Collected data:
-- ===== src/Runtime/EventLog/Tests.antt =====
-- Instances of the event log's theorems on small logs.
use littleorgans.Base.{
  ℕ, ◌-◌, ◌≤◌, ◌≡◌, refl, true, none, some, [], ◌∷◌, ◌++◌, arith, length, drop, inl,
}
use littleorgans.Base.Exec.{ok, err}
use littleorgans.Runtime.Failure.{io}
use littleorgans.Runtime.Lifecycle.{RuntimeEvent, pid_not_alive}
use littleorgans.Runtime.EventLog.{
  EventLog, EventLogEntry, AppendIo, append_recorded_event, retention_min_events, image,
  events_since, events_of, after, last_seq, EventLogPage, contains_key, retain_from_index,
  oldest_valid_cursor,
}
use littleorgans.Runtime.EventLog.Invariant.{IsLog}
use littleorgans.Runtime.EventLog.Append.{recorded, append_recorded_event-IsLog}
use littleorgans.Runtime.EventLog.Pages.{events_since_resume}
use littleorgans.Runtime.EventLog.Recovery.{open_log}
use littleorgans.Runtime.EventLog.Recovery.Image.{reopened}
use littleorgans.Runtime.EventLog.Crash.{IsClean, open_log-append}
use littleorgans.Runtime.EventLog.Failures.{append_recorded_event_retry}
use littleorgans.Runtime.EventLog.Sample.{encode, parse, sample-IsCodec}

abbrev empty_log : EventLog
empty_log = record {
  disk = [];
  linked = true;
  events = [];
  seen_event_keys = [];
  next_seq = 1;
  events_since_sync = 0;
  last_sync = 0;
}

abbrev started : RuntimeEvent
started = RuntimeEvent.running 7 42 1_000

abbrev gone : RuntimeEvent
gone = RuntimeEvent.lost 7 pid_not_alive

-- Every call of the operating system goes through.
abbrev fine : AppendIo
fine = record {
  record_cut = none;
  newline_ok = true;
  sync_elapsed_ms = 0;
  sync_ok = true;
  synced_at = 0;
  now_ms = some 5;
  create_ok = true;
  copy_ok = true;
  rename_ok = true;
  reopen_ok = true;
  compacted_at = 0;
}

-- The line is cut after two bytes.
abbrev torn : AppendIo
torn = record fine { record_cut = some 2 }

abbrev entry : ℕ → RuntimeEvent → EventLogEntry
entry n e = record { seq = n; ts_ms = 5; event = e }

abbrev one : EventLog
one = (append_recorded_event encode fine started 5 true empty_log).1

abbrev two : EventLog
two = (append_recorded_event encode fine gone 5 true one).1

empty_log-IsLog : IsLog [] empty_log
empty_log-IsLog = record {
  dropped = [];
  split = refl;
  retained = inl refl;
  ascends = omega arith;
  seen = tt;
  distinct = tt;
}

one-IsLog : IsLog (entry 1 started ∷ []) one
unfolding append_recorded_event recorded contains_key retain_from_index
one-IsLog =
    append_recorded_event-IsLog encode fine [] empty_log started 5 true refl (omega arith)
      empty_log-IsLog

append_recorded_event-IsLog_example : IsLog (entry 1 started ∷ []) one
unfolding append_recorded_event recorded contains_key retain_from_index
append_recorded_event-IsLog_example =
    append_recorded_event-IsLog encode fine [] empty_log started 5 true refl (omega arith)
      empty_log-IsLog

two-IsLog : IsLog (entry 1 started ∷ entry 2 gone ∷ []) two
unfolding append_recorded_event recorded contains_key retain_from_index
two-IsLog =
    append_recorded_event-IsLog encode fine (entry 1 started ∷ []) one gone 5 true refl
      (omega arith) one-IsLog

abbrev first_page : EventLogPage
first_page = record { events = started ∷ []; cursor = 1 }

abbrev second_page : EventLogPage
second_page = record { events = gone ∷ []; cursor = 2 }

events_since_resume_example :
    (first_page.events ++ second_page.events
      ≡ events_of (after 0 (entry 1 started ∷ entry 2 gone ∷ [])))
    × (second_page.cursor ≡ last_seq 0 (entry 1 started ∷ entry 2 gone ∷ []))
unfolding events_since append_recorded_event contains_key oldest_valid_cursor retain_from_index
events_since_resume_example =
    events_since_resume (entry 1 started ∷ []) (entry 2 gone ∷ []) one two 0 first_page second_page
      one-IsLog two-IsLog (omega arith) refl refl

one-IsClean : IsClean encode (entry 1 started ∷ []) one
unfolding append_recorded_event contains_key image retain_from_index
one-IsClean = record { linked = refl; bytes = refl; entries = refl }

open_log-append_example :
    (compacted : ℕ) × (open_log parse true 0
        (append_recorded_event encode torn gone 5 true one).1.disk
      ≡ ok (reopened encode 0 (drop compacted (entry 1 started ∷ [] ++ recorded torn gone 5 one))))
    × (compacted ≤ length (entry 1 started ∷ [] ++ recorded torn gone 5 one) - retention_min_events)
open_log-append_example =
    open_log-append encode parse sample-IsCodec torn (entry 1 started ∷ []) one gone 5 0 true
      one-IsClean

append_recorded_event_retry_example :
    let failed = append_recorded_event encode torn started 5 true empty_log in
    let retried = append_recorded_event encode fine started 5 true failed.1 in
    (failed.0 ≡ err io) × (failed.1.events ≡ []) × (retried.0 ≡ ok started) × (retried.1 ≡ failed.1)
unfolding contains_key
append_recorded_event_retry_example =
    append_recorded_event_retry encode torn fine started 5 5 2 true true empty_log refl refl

---

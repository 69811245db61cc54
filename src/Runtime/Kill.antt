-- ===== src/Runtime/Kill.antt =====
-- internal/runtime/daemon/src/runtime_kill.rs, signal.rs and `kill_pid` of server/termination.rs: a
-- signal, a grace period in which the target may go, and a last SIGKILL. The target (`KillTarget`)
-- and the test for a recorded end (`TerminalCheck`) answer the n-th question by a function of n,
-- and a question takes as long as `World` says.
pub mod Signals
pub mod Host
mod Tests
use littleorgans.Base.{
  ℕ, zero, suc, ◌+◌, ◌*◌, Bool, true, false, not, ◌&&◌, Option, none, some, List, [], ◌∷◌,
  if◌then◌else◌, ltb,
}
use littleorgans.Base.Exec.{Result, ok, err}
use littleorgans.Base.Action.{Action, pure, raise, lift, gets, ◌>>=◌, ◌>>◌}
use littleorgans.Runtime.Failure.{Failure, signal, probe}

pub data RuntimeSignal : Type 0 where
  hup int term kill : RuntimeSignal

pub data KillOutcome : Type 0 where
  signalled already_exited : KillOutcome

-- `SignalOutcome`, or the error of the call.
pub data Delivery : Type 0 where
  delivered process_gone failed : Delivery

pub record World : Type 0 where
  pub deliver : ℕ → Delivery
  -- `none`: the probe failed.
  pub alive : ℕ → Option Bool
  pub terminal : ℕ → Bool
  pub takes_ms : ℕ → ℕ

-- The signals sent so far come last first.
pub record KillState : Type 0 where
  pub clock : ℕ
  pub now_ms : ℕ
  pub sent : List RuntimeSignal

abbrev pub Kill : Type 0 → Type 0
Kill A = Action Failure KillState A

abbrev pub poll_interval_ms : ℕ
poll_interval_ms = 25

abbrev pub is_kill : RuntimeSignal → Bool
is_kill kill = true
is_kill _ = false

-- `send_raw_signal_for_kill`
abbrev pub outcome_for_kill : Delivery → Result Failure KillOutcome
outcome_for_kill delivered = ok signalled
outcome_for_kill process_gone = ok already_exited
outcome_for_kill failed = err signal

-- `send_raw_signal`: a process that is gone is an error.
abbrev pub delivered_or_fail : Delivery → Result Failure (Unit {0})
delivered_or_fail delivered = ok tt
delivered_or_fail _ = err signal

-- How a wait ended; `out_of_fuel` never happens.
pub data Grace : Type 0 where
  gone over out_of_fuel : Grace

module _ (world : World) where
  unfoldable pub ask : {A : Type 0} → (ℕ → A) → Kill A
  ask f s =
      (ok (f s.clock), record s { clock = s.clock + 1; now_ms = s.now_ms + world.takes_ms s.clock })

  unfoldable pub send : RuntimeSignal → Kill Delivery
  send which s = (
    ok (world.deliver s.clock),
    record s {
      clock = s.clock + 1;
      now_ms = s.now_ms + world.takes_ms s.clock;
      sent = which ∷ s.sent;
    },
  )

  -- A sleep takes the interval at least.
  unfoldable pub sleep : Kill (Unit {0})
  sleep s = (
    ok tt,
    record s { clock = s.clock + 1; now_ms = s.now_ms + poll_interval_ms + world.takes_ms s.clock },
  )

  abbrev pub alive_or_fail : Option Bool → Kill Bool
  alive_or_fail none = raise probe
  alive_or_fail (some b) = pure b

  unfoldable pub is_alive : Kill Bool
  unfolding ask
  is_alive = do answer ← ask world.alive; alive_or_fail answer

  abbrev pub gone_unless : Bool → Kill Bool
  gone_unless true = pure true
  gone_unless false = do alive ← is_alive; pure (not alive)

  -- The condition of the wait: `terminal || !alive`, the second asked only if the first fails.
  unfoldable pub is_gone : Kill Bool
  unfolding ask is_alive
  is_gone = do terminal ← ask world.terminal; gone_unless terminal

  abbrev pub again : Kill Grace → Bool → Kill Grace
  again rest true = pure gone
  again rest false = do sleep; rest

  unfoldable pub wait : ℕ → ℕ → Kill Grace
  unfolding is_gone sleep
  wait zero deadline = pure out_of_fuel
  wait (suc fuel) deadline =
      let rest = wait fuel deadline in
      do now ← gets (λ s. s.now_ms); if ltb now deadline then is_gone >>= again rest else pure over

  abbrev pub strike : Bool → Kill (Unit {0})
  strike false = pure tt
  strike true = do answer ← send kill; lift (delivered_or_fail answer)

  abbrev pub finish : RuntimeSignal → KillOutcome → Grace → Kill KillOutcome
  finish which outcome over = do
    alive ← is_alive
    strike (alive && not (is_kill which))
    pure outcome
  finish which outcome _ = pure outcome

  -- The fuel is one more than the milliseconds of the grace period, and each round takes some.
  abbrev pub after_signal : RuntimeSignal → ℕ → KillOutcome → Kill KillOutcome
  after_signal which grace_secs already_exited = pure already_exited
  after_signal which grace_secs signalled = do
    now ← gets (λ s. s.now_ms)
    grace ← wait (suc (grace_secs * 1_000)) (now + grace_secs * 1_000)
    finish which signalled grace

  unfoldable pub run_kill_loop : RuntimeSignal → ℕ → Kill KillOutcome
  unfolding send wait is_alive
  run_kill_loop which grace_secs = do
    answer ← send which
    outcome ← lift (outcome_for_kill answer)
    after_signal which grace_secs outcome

#### What you have to do
Respond with the number of lines in the entries that include the string "retried", and nothing besides.

#### Task response
2